PayPal Caught Overcharging Clients; Is Bitcoin Ready to Take Over?

bitcoin, paypal

PayPal Caught Overcharging Clients; Is Bitcoin Ready to Take Over?

PayPal’s community page is full of grievances about how the payment giant is ripping its clients off with incorrect exchange rates. One of the users believes the US company is probably making $100,000 every day by selling one fiat currency for another at about 3-4 percent higher prices. Like always, PayPal has no explanation to offer for those endless complaints.

The issue today passed through the nerves of a ballooning cryptocurrency community. A Redditor shared a screenshot that showed PayPal charging 0.87462 EUR for a US dollar. The same exchange rate provided by Google showed a 4 percent lesser price –  0.91 EUR a dollar. The same screenshot later made to the Twitter profile of Tony Vays, a prominent derivatives trader, who also criticized PayPal for charging its clients unfairly.

“So messed up for @PayPal to charge a 4% fee on the $EUR to $USD exchange,” wrote Vays, adding that bitcoin would eventually destroy the payment company.

Bitcoin More Expensive than PayPal

Vays’ comments follow a decade-long argument on whether or bitcoin is a PayPal-killing app. Supporters believe bitcoin is superior to PayPal because it is permissionless, i.e., users can freely send any amount of money to each other without relying on a centralized entity. Moreover, bitcoin works because its network remains independent of governments’ control, giving users direct access to their funds.

In the end, Bitcoin protects people from the abuse of centralized systems, which might include unnecessary account freezings, additional fees, financial scrutiny, and whatnot.

But that does not make bitcoin a better alternative, given the cryptocurrency, too, comes with its own set of demons. For instance, a user still needs to rely on centrally-operated exchanges to convert his/her fiat money to bitcoin. Similarly, the receiver should go through the same route when he/she wants to exchange his bitcoin funds to fiat. Unlike PayPal, bitcoin replaces one centralized controller with two, with each having its distinctive fee structure.
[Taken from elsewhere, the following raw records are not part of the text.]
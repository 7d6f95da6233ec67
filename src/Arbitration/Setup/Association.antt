-- ===== src/Arbitration/Setup/Association.antt =====
-- How examples/arbitration/arbitration.cc shares the namespaces among the workers.
use zns_emulation_bench.Prelude.{
  ℕ, zero, suc, ◌+◌, ◌%◌, ◌<◌, ◌≡◌, refl, sym, ap, ◌∙◌, Bool, true, ◌==◌, if_true, Bool-cases,
  Option-cases, inl, inr, none, some, List, [], ◌∷◌, length, get_elem?, arith,
}
use native.Mathlib.Nat.{mod-eq_of_lt, mod_self, mod-add-mod, mod-lt}
use zns_emulation_bench.Arbitration.{NsEntry, WorkerThread}
use zns_emulation_bench.Arbitration.Setup.{next_in, give_ctx, associate_loop}

-- The `i`-th context goes from namespace `i` modulo their number to worker `i` modulo theirs.
pub round_robin : List NsEntry → ℕ → ℕ → List WorkerThread → List WorkerThread
round_robin entries zero i workers = workers
round_robin entries (suc n) i workers = elim (get_elem? entries (i % length entries)) [
  | none ↦ workers
  | some entry ↦ round_robin entries n (i + 1) (give_ctx (i % length workers) entry workers)
]

next_in-mod : (n i : ℕ) → 0 < n → next_in n (i % n) ≡ (i + 1) % n
next_in-mod n i h = elim (Bool-cases (i % n + 1 == n)) [
  | inl e ↦
      let whole : i % n + 1 ≡ n = ground arith in
      rw e (sym (mod_self n) ∙ ap (λ (k : ℕ). k % n) (sym whole) ∙ mod-add-mod i n 1)
  | inr e ↦
      let below : i % n + 1 < n = ground (arith, mod-lt i h) in
      rw e (sym (mod-eq_of_lt below) ∙ mod-add-mod i n 1)
]

length-give_ctx :
    (j : ℕ) (entry : NsEntry) (ws : List WorkerThread) → length (give_ctx j entry ws) ≡ length ws
length-give_ctx j entry [] = refl
length-give_ctx zero entry (w ∷ ws) = refl
length-give_ctx (suc j) entry (w ∷ ws) = ap suc (length-give_ctx j entry ws)

-- If there are namespaces and workers and every `malloc` succeeds, walking the two rings, with each
-- list's first element behind its last, is the round robin by positions modulo their lengths.
pub associate_loop-round_robin :
    (entries : List NsEntry) (n i : ℕ) (mallocs : ℕ → Bool) (workers : List WorkerThread)
    → 0 < length entries
    → 0 < length workers
    → ((k : ℕ) → mallocs k ≡ true)
    → associate_loop entries n (i % length entries) (i % length workers) mallocs workers
      ≡ (0, round_robin entries n i workers)
unfolding associate_loop round_robin
associate_loop-round_robin entries zero i mallocs workers he hw ok = refl
associate_loop-round_robin entries (suc n) i mallocs workers he hw ok =
    elim (Option-cases (get_elem? entries (i % length entries))) [
      | inl e ↦ rw (e, associate_loop, round_robin)
      | inr (entry, e) ↦
          rw (e, associate_loop, round_robin)
            (if_true _ _ (ok n)
              ∙ walk entry (λ ws. associate_loop-round_robin entries n (i + 1) mallocs ws he))
    ]
  where
    given : NsEntry → List WorkerThread
    given entry = give_ctx (i % length workers) entry workers

    turn :
        (entry : NsEntry)
        → next_in (length workers) (i % length workers) ≡ (i + 1) % length (given entry)
    turn entry =
        next_in-mod (length workers) i hw
        ∙ ap (λ (m : ℕ). (i + 1) % m) (sym (length-give_ctx (i % length workers) entry workers))

    walk :
        (entry : NsEntry)
        → ((ws : List WorkerThread)
            → 0 < length ws
            → ((k : ℕ) → mallocs k ≡ true)
            → associate_loop entries n ((i + 1) % length entries) ((i + 1) % length ws) mallocs ws
              ≡ (0, round_robin entries n (i + 1) ws))
        → associate_loop entries n
            (next_in (length entries) (i % length entries))
            (next_in (length workers) (i % length workers))
            mallocs
            (given entry)
          ≡ (0, round_robin entries n (i + 1) (given entry))
    walk entry ih =
        ap
          (λ k.
            associate_loop entries n k (next_in (length workers) (i % length workers)) mallocs
              (given entry))
          (next_in-mod (length entries) i he)
        ∙ ap (λ k. associate_loop entries n ((i + 1) % length entries) k mallocs (given entry))
            (turn entry)
        ∙ ih (given entry) (rw (length-give_ctx (i % length workers) entry workers) hw) ok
A study conducted by Finder.com rules out that despite its enormous exchange rates, people find PayPal more reliable than Bitcoin.  It even says that PayPal fee structure is cheaper than that of bitcoin. Excerpts from the report:

“For initial transfer fees, you’ll pay about the same amount for both PayPal and bitcoin (assuming we use Coinbase as an example). But PayPal has a slight edge. When you sell your bitcoin for fiat currency(or government-issued currency, like dollars and euros), you’ll pay another fee. Meanwhile, on PayPal, you only pay a fee when you initiate the transfer.”

Price Volatility

Another thing at which bitcoin fails is price volatility. Users involved in cryptocurrency-based remittance always need to worry about receiving lesser amounts than what their creditor sent. A $100 shipped atop a bitcoin network might become $90 by the time it reaches the receiver. Similar, it might become even a $110 bill – that is how the bitcoin price volatility affects adoption.

It is too soon to call bitcoin a payment mechanism unless it resolves some of the underlying issues to become one. True, users can still utilize the cryptocurrency for making peer-to-peer transactions, but they also need to be speculators willing to take risks on its volatility.

Till then, let the grievances inspire young entrepreneurs to bring more reasonable alternatives. Or maybe ask lawmakers to introduce global laws to monitor exchange rates.